Crossed the International Border from Calais, Maine, on Monday. We were a little concerned, mainly due to our fairly well stocked bar coming up against a 1 liter per person quota. The booth attendant asked many questions:
Have you been to Canada before?...........When?..........
.......................... When before that?....................
How long are you staying?..........How do you have that much time off of work?
................How much alcohol do you have?....................
Do you have any firewood?..........Do you have any plants?....
Ooh, it was this last one that had me pulling over and trotting inside for my full body cavity exam. NO, just kidding, ladies and gentlemen. I'm here all week. Tip your waiter. But, seriously, I did have to promise never to let any of the soil from my evil, contaminated American house plants touch Canadian soil, and I did have to hand over the few sticks of firewood that I had with me. That done, we were through and into the province of New Brunswick, and drove from there to the city of Saint John.
It seemed like a good idea at the time: camping in a city, spending our 14th anniversary downtown, dining at our choice of fine restaurants. In retrospect, screw the city - give me the peace and quiet of the country, and I'll cook my own damn food! But, we went into Saint John, and quickly found their city roads to be labyrinthian and poorly marked, but at least they were narrow and potholed!
We got off track, not realizing that we were supposed to on the lookout for postage stamp sized signs showing a little tent and trailer, and we ended up driving the rig downtown, along the cruise ship docks, and through the shopping district. Not good, but we didn't hit much. Then, when we found our way through a series of loops and pretzel shaped overpasses that should earn the city planner a trip to the electric chair, we finally arrived at the park, within sight the whole time, and found a barricade and detour sign awaiting us. We followed the detour, and went round and round through the city neighborhoods trying to make sense of it. Finally, a nice gentleman approached us as I sat stewing over my map, and offered to guide us in. "I saw you go arooond abooot three times already. Follow me, eh?" Relieved and grateful, we followed him, amazed as he led us right past the detour sign and through the construction site, amongst excavators, steam-rollers, saw-horses and cones. We hadn't notices the little sign saying that park traffic need not detour. We were so stressed out that we happily parked in the open lot that was the city park's campground!

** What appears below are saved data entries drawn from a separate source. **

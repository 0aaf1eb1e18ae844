-- ===== src/Manager/Detach/Total.antt =====
-- Detaching returns wherever the executor does.
use go_bpfman.Prelude.{ℕ, List, [], ◌∷◌, Option, none, some, Bool, true, false, if◌then◌else◌}
use go_bpfman.Errors.{Err}
use go_bpfman.Exec.{Outcome, ok, err, panic}
use go_bpfman.Exec.Total.{
  IsTotal, Returned, pure-IsTotal, fail-IsTotal, on_error-IsTotal, if-IsTotal, bind-IsTotal,
  wrapping-IsTotal, logged-IsTotal,
}
use go_bpfman.Platform.{Key}
use go_bpfman.Links.{
  LinkRecord, LinkDetails, TcDetails, TcDirection, ingress, egress, other, xdp_details, tc_details,
  tracepoint_details, kprobe_details, uprobe_details, fentry_details, fexit_details, tcx_details,
}
use go_bpfman.Operation.InTurn.{Labelled, in_turn, nodes, run0-in_turn}
use go_bpfman.Operation.{run0}
use go_bpfman.Manager.World.{World, ManagerEnv, Call, invoke}
use go_bpfman.Manager.World
use go_bpfman.Manager.Executor.{Action, execute}
use go_bpfman.Manager.Executor
use go_bpfman.Manager.Lookup.{get_link}
use go_bpfman.Manager.Detach.{
  has_dispatcher, is_unset, lift, extract_dispatcher_key, key_of_direction, dispatcher_key, detach,
  cleanup_each, cleanup_empty_dispatchers,
}
use go_bpfman.Manager.Detach.Plan.{detach_actions, detach_plan-ok}

-- No action of the executor panics.
abbrev pub IsCalm : ManagerEnv → Type 0
IsCalm env = (a : Action) → IsTotal (execute env a)

abbrev IsResult : {A : Type 0} → Outcome A → Type 0
IsResult (ok _) = Unit
IsResult (err _) = Unit
IsResult (panic _) = ⊥

lift-IsTotal : {A : Type 0} (r : Outcome A) → IsResult r → IsTotal (lift r)
unfolding IsTotal
lift-IsTotal (ok a) h w = tt
lift-IsTotal (err e) h w = tt
lift-IsTotal (panic m) h w = h

key_of_direction-IsResult : (t : TcDirection) (d : TcDetails) → IsResult (key_of_direction t d)
unfolding key_of_direction
key_of_direction-IsResult ingress d = tt
key_of_direction-IsResult egress d = tt
key_of_direction-IsResult (other _) d = tt

key-IsResult : (d : LinkDetails) → IsResult (extract_dispatcher_key d)
unfolding extract_dispatcher_key
key-IsResult (xdp_details d) = tt
key-IsResult (tc_details d) = key_of_direction-IsResult d.direction d
key-IsResult (tracepoint_details _ _) = tt
key-IsResult (kprobe_details _ _ _) = tt
key-IsResult (uprobe_details _ _ _ _ _ _) = tt
key-IsResult (fentry_details _) = tt
key-IsResult (fexit_details _) = tt
key-IsResult (tcx_details _ _ _ _ _ _ _) = tt

pub key-IsTotal : (d : LinkDetails) → IsTotal (lift (extract_dispatcher_key d))
key-IsTotal d = lift-IsTotal (extract_dispatcher_key d) (key-IsResult d)

module _ (env : ManagerEnv) where
  pub invoke-IsTotal : {A : Type 0} (c : Call) (value : World → A) → IsTotal (invoke env c value)
  unfolding invoke IsTotal
  invoke-IsTotal {A} c value w = go (env.fails w c)
    where
      step : Option Err → Outcome A × World
      step o = elim o [
        | none ↦ (ok (value w), record w { trace = World.done c ∷ w.trace })
        | some e ↦ (err e, record w { trace = World.failed c e ∷ w.trace })
      ]

      go : (o : Option Err) → Returned (step o)
      go none = tt
      go (some e) = tt

  pub get_link-IsTotal : (id : ℕ) → IsTotal (get_link env id)
  unfolding get_link
  get_link-IsTotal id =
      on_error-IsTotal _ _ _ (invoke-IsTotal (World.get_link id) _)
        (λ e. if-IsTotal _ _ _ (fail-IsTotal _ _ _) (fail-IsTotal _ _ _)) (λ a. pure-IsTotal _ a)

  dispatcher_key-IsTotal : (link : LinkRecord) → IsTotal (lift (dispatcher_key env link))
  unfolding dispatcher_key
  dispatcher_key-IsTotal link = lift-IsTotal (dispatcher_key env link) (
      go (has_dispatcher link.link_kind) (extract_dispatcher_key link.details)
        (key-IsResult link.details))
    where
      go :
          (b : Bool) (o : Outcome Key)
          → IsResult o
          → let key_of : Outcome Key → Outcome (Option Key) = λ p. elim p [
            | ok key ↦ ok (if is_unset key then none else some key)
            | err e ↦ err e
            | panic m ↦ panic m
          ] in
            IsResult (if b then key_of o else ok none)
      go false o h = tt
      go true (ok key) h = tt
      go true (err e) h = tt
      go true (panic m) h = h

module _ (env : ManagerEnv) (calm : IsCalm env) where
  in_turn-IsTotal :
      (actions : List (Labelled Action)) → IsTotal (in_turn (Unit {0}) (execute env) actions)
  in_turn-IsTotal [] = pure-IsTotal _ _
  in_turn-IsTotal (a ∷ rest) = bind-IsTotal _ _ (calm a.1) (λ _. in_turn-IsTotal rest)

  plan-IsTotal :
      (actions : List (Labelled Action))
      → IsTotal (run0 (execute env) (nodes (Unit {0}) (execute env) actions))
  unfolding IsTotal
  plan-IsTotal actions w =
      rw (run0-in_turn (Unit {0}) (execute env) actions w) (in_turn-IsTotal actions w)

  pub detach-IsTotal : (id : ℕ) → IsTotal (detach env id)
  unfolding detach
  detach-IsTotal id = bind-IsTotal _ _ (get_link-IsTotal env id) λ link.
      bind-IsTotal _ _ (wrapping-IsTotal _ _ (dispatcher_key-IsTotal env link))
        λ key. rw (detach_plan-ok env link key) (plan-IsTotal (detach_actions link key))

  cleanup_each-IsTotal : (keys : List Key) → IsTotal (cleanup_each env keys)
  unfolding cleanup_each
  cleanup_each-IsTotal [] = pure-IsTotal _ _
  cleanup_each-IsTotal (key ∷ keys) =
      bind-IsTotal _ _ (logged-IsTotal _ (calm (Executor.remove_dispatcher key)))
        (λ _. cleanup_each-IsTotal keys)

  pub cleanup-IsTotal : (keys : List Key) → IsTotal (cleanup_empty_dispatchers env keys)
  unfolding cleanup_empty_dispatchers IsTotal
  cleanup-IsTotal keys w = cleanup_each-IsTotal (env.order w keys) w
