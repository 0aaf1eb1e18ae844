-- ===== src/Manager/Unload.antt =====
-- Unloading a program (manager/unload.go).
pub mod Keeps
pub mod Contract
pub mod Program
pub mod Total
use go_bpfman.Prelude.{
  ℕ, Text, Bool, true, false, ◌&&◌, not, List, [], ◌∷◌, ◌++◌, Option, none, some, ◌==◌, codes, ltb,
  if◌then◌else◌,
}
use go_bpfman.Errors.{Err, program_not_managed, wrap, errors_join, is_program_not_found}
use go_bpfman.Exec.{
  Outcome, ok, err, panic, Exec, pure, fail, ◌>>=◌, ◌>>◌, wrapping, logged, attempt, on_error,
}
use go_bpfman.Platform.{Key}
use go_bpfman.Links.{LinkRecord}
use go_bpfman.Layout.{decimal, shared_map_pin, program_dir}
use go_bpfman.Manager.World.{
  World, ManagerEnv, ProgramRecord, invoke, invoke_unit, delete_program, delete_shared_map_pins,
  map_set_exists, count_map_set_users, delete_map_set, kernel_program, detach_link, unload_pin,
  remove_shared_map_pin, remove_program_dir, list_links_by_program,
}
use go_bpfman.Manager.Executor.{Action, execute}
use go_bpfman.Manager.Executor
use go_bpfman.Manager.Lookup.{get_program}
use go_bpfman.Manager.Detach.{
  extract_dispatcher_key, is_unset, lift, insert_key, delete_key, collect_dispatcher_keys,
  cleanup_empty_dispatchers,
}

abbrev is_none : {A : Type 0} → Option A → Bool
is_none none = true
is_none (some _) = false

-- mapSetID
unfoldable pub map_set_id : ProgramRecord → ℕ
map_set_id p = elim p.map_owner_id [ none ↦ p.program_id | some owner ↦ owner ]

-- delete(dispatcherCleanup, key) for each rebuilt key
unfoldable pub delete_keys : List Key → List Key → List Key
unfolding delete_key
delete_keys [] keys = keys
delete_keys (k ∷ rebuilt) keys = delete_keys rebuilt (delete_key k keys)

module _ (env : ManagerEnv) where
  -- One pinned link of detachAllLinks, with the rebuilt keys so far.
  unfoldable pub detach_pinned : LinkRecord → Text → List Key → Exec World (List Key)
  unfolding extract_dispatcher_key insert_key
  detach_pinned link path rebuilt = do
    wrapping "detach link" (invoke_unit env (detach_link path))
    key ← wrapping "extract dispatcher key for link" (lift (extract_dispatcher_key link.details))
    if is_unset key
        then pure rebuilt
        else wrapping "rebuild dispatcher after detaching link"
            (execute env (Executor.rebuild_dispatcher_for_detach key link.id))
          >> pure (insert_key key rebuilt)

  -- detachAllLinks
  unfoldable pub detach_all_links : List Key → List LinkRecord → Exec World (List Key)
  unfolding detach_pinned
  detach_all_links rebuilt [] = pure rebuilt
  detach_all_links rebuilt (link ∷ links) = elim link.pin_path [
    | none ↦ detach_all_links rebuilt links
    | some path ↦ detach_pinned link path rebuilt >>= λ keys. detach_all_links keys links
  ]

  -- removeProgramMapsPins
  abbrev pub remove_program_maps_pins : Text → Exec World (Unit {0})
  remove_program_maps_pins dir = invoke_unit env (unload_pin dir)

  unfoldable pub remove_orphaned : List Text → Exec World (Unit {0})
  unfolding shared_map_pin
  remove_orphaned [] = pure tt
  remove_orphaned (name ∷ names) = do
    logged (invoke_unit env (remove_shared_map_pin (shared_map_pin env.base name)))
    remove_orphaned names

  -- cleanupSharedMapPins
  unfoldable pub cleanup_shared_map_pins : ℕ → Exec World (Unit {0})
  unfolding remove_orphaned
  cleanup_shared_map_pins id = do
    orphaned ← invoke env (delete_shared_map_pins id) (λ w. env.orphaned_of w id)
    remove_orphaned orphaned

  -- gcMapSetIfUnused
  unfoldable pub gc_map_set_if_unused : ℕ → Text → Exec World (Unit {0})
  gc_map_set_if_unused id dir = do
    users ←
        wrapping "count map set users"
          (invoke env (count_map_set_users id) (λ w. env.users_of w id))
    if ltb 0 users
        then pure tt
        else wrapping "remove map set pins" (remove_program_maps_pins dir)
          >> wrapping "delete map set" (invoke_unit env (delete_map_set id))

  -- shouldRemoveNonPersistedSelfOwnedMapPins
  unfoldable pub should_remove_map_pins : ℕ → Exec World Bool
  should_remove_map_pins id =
      on_error (invoke env (map_set_exists id) (λ w. env.exists_of w id)) (λ _. pure false)
        (λ exists. pure (not exists))

  -- The part of unload for a program with a record; the result is the list errs.
  unfoldable pub delete_record : ProgramRecord → Exec World (List Err)
  unfolding gc_map_set_if_unused map_set_id
  delete_record p =
      on_error (invoke_unit env (delete_program p.program_id))
        (λ e. pure (wrap "delete program record" e ∷ []))
        (λ _. logged (gc_map_set_if_unused (map_set_id p) p.maps_dir) >> pure [])

  abbrev pub remove_maps : Text → Bool → Exec World (List Err)
  remove_maps dir remove =
      (if remove then logged (remove_program_maps_pins dir) else pure tt) >> pure []

  -- The part for a program that was never recorded.
  unfoldable pub remove_unrecorded : ProgramRecord → Exec World (List Err)
  unfolding should_remove_map_pins map_set_id
  remove_unrecorded p =
      if map_set_id p == p.program_id
      then should_remove_map_pins p.program_id >>= remove_maps p.maps_dir
      else pure []

  -- From the point of no return on.
  unfoldable pub after_unload :
      ProgramRecord → List LinkRecord → Bool → List Key → Exec World (Unit {0})
  unfolding cleanup_shared_map_pins delete_record remove_unrecorded program_dir
      collect_dispatcher_keys delete_keys cleanup_empty_dispatchers
  after_unload p links persisted rebuilt = do
    logged (cleanup_shared_map_pins p.program_id)
    errs ← if persisted then delete_record p else remove_unrecorded p
    logged (invoke_unit env (remove_program_dir (program_dir env.base p.program_id)))
    cleanup_empty_dispatchers env (delete_keys rebuilt (collect_dispatcher_keys links))
    elim (errors_join errs) [ none ↦ pure tt | some e ↦ fail e ]

  -- unload
  unfoldable pub unload : ProgramRecord → List LinkRecord → Bool → Exec World (Unit {0})
  unfolding detach_all_links after_unload
  unload p links persisted = do
    rebuilt ← wrapping "detach links for program" (detach_all_links [] links)
    wrapping "unload program" (invoke_unit env (unload_pin p.pin_path))
    after_unload p links persisted rebuilt

  -- The errors of the lookup: a program that only the kernel knows is not managed.
  unfoldable pub lookup_failed : ℕ → Err → Exec World (Unit {0})
  lookup_failed id e =
      if is_program_not_found e
      then on_error (invoke_unit env (kernel_program id)) (λ _. fail e)
          (λ _. fail (program_not_managed id))
      else fail e

  -- Unload
  unfoldable pub unload_program : ℕ → Exec World (Unit {0})
  unfolding get_program lookup_failed unload
  unload_program id = on_error (get_program env id) (lookup_failed id) λ p. do
    links ←
        wrapping "list links for program"
          (invoke env (list_links_by_program id) (λ w. env.links_of w id))
    unload p links true
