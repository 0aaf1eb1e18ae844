-- ===== src/Manager/Unload/Total.antt =====
-- Unloading returns wherever the executor does.
use go_bpfman.Prelude.{ℕ, Text, true, List, [], ◌∷◌, Option, none, some, ltb}
use go_bpfman.Errors.{Err, errors_join}
use go_bpfman.Exec.{pure, fail, ◌>>=◌}
use go_bpfman.Exec.Total.{
  IsTotal, pure-IsTotal, fail-IsTotal, on_error-IsTotal, if-IsTotal, bind-IsTotal, wrapping-IsTotal,
  logged-IsTotal,
}
use go_bpfman.Platform.{Key}
use go_bpfman.Links.{LinkRecord}
use go_bpfman.Manager.World.{World, ManagerEnv, ProgramRecord}
use go_bpfman.Manager.World
use go_bpfman.Manager.Lookup.{get_program}
use go_bpfman.Manager.Detach.Total.{IsCalm, invoke-IsTotal, key-IsTotal, cleanup-IsTotal}
use go_bpfman.Manager.Unload.{
  detach_pinned, detach_all_links, remove_orphaned, cleanup_shared_map_pins, gc_map_set_if_unused,
  delete_record, after_unload, unload, lookup_failed, unload_program,
}

module _ (env : ManagerEnv) where
  pub get_program-IsTotal : (id : ℕ) → IsTotal (get_program env id)
  unfolding get_program
  get_program-IsTotal id =
      on_error-IsTotal _ _ _ (invoke-IsTotal env (World.get_program id) _)
        (λ e. if-IsTotal _ _ _ (fail-IsTotal _ _ _) (fail-IsTotal _ _ _)) (λ a. pure-IsTotal _ a)

  remove_orphaned-IsTotal : (names : List Text) → IsTotal (remove_orphaned env names)
  unfolding remove_orphaned
  remove_orphaned-IsTotal [] = pure-IsTotal _ _
  remove_orphaned-IsTotal (name ∷ names) =
      bind-IsTotal _ _ (logged-IsTotal _ (invoke-IsTotal env _ _))
        (λ _. remove_orphaned-IsTotal names)

  pub cleanup_shared_map_pins-IsTotal : (id : ℕ) → IsTotal (cleanup_shared_map_pins env id)
  unfolding cleanup_shared_map_pins
  cleanup_shared_map_pins-IsTotal id =
      bind-IsTotal _ _ (invoke-IsTotal env _ _) remove_orphaned-IsTotal

  gc_map_set_if_unused-IsTotal : (id : ℕ) (dir : Text) → IsTotal (gc_map_set_if_unused env id dir)
  unfolding gc_map_set_if_unused
  gc_map_set_if_unused-IsTotal id dir =
      bind-IsTotal _ _ (wrapping-IsTotal _ _ (invoke-IsTotal env _ _)) λ users.
        if-IsTotal (ltb 0 users) _ _ (pure-IsTotal _ _) (
          bind-IsTotal _ _ (wrapping-IsTotal _ _ (invoke-IsTotal env _ _))
            (λ _. wrapping-IsTotal _ _ (invoke-IsTotal env _ _)))

  delete_record-IsTotal : (p : ProgramRecord) → IsTotal (delete_record env p)
  unfolding delete_record
  delete_record-IsTotal p =
      on_error-IsTotal _ _ _ (invoke-IsTotal env _ _) (λ e. pure-IsTotal _ _)
        λ _.
          bind-IsTotal _ _ (logged-IsTotal _ (gc_map_set_if_unused-IsTotal _ _))
            (λ _. pure-IsTotal _ _)

  pub joined-IsTotal :
      (o : Option Err)
      → IsTotal {W = World} {A = Unit {0}} (elim o [ none ↦ pure tt | some e ↦ fail e ])
  joined-IsTotal none = pure-IsTotal _ _
  joined-IsTotal (some e) = fail-IsTotal _ _ _

module _ (env : ManagerEnv) (calm : IsCalm env) where
  detach_pinned-IsTotal :
      (link : LinkRecord) (path : Text) (rebuilt : List Key)
      → IsTotal (detach_pinned env link path rebuilt)
  unfolding detach_pinned
  detach_pinned-IsTotal link path rebuilt =
      bind-IsTotal _ _ (wrapping-IsTotal _ _ (invoke-IsTotal env _ _)) λ _.
        bind-IsTotal _ _ (wrapping-IsTotal _ _ (key-IsTotal link.details)) λ key.
          if-IsTotal _ _ _ (pure-IsTotal _ _)
            (bind-IsTotal _ _ (wrapping-IsTotal _ _ (calm _)) (λ _. pure-IsTotal _ _))

  detach_all_links-IsTotal :
      (rebuilt : List Key) (links : List LinkRecord) → IsTotal (detach_all_links env rebuilt links)
  unfolding detach_all_links
  detach_all_links-IsTotal rebuilt [] = pure-IsTotal _ _
  detach_all_links-IsTotal rebuilt (link ∷ links) =
      go link.pin_path (λ keys. detach_all_links-IsTotal keys links)
    where
      go :
          (o : Option Text)
          → ((keys : List Key) → IsTotal (detach_all_links env keys links))
          → IsTotal (elim o [
            | none ↦ detach_all_links env rebuilt links
            | some path ↦
                detach_pinned env link path rebuilt >>= λ keys. detach_all_links env keys links
          ])
      go none rest = rest rebuilt
      go (some path) rest = bind-IsTotal _ _ (detach_pinned-IsTotal link path rebuilt) rest

  after_unload-IsTotal :
      (p : ProgramRecord) (links : List LinkRecord) (rebuilt : List Key)
      → IsTotal (after_unload env p links true rebuilt)
  unfolding after_unload
  after_unload-IsTotal p links rebuilt =
      bind-IsTotal _ _ (logged-IsTotal _ (cleanup_shared_map_pins-IsTotal env _)) λ _.
        bind-IsTotal _ _ (delete_record-IsTotal env p) λ errs.
          bind-IsTotal _ _ (logged-IsTotal _ (invoke-IsTotal env _ _)) λ _.
            bind-IsTotal _ _ (cleanup-IsTotal env calm _)
              (λ _. joined-IsTotal env (errors_join errs))

  lookup_failed-IsTotal : (id : ℕ) (e : Err) → IsTotal (lookup_failed env id e)
  unfolding lookup_failed
  lookup_failed-IsTotal id e =
      if-IsTotal _ _ _
        (on_error-IsTotal _ _ _ (invoke-IsTotal env _ _) (λ _. fail-IsTotal _ _ _)
          (λ _. fail-IsTotal _ _ _))
        (fail-IsTotal _ _ _)

  pub unload_program-IsTotal : (id : ℕ) → IsTotal (unload_program env id)
  unfolding unload_program unload
  unload_program-IsTotal id =
      on_error-IsTotal _ _ _ (get_program-IsTotal env id) (lookup_failed-IsTotal id) λ p.
        bind-IsTotal _ _ (wrapping-IsTotal _ _ (invoke-IsTotal env _ _)) λ links.
          bind-IsTotal _ _ (wrapping-IsTotal _ _ (detach_all_links-IsTotal [] links)) λ rebuilt.
            bind-IsTotal _ _ (wrapping-IsTotal _ _ (invoke-IsTotal env _ _))
              (λ _. after_unload-IsTotal p links rebuilt)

Rockwood Park is actually a nice city park, over 2000 acres, riddled with roads, trails and ponds. But the campground is old, unkempt, and crowded. And, there's those harsh noises from this city of heavy industry! An enourmous rail depot sprawled at the bottom of the hill, issuing forth a cacophony of clanging, banging, and impossibly loud horn blasts at 3:00 in the morning. A gargantuan oil refinery belched smoke and flame into the atmosphere across town. And a herculaean and sorely overdue road improvments project was fully underway throughout. Sound lovely?
Just look at the natural beauty!:
The next day we did make the best of it. I found a decent network of mountain biking trails to rip on, and we took a drive up the coast to the Fundy Trail, a serpentine road and parallel multi-use trail along a gorgeous piece of coastline cascading into the Bay of Fundy. In these parts when the tide goes out, it goes WAY out, and boats are tied so that they don't tip over when they sit on the ocean floor at low tide:
Here is Nancy at one of the many overlooks:
The bay was mirror smooth:
In the evening we went back downtown, this time on purpose, and had a nice dinner at Billy's Seafood restaurant in what is actually a fine downtown district.
The waterfront has dockage, a Coast Guard station, and lots of shops, restaurants and bars:
And a bunch of cartoonesque statues of regular people doing regular things in the city:
So, that was our Saint John experience. It was good for a few stories, but I could do without the inner-city RV driving, and am once again grateful that we did not get in anywhere that we couldn't get out of. We've moved on now, back to the less populous countryside, and relieved that when we turn off the diesel, all we hear is the wind, waves and the songs of the birds.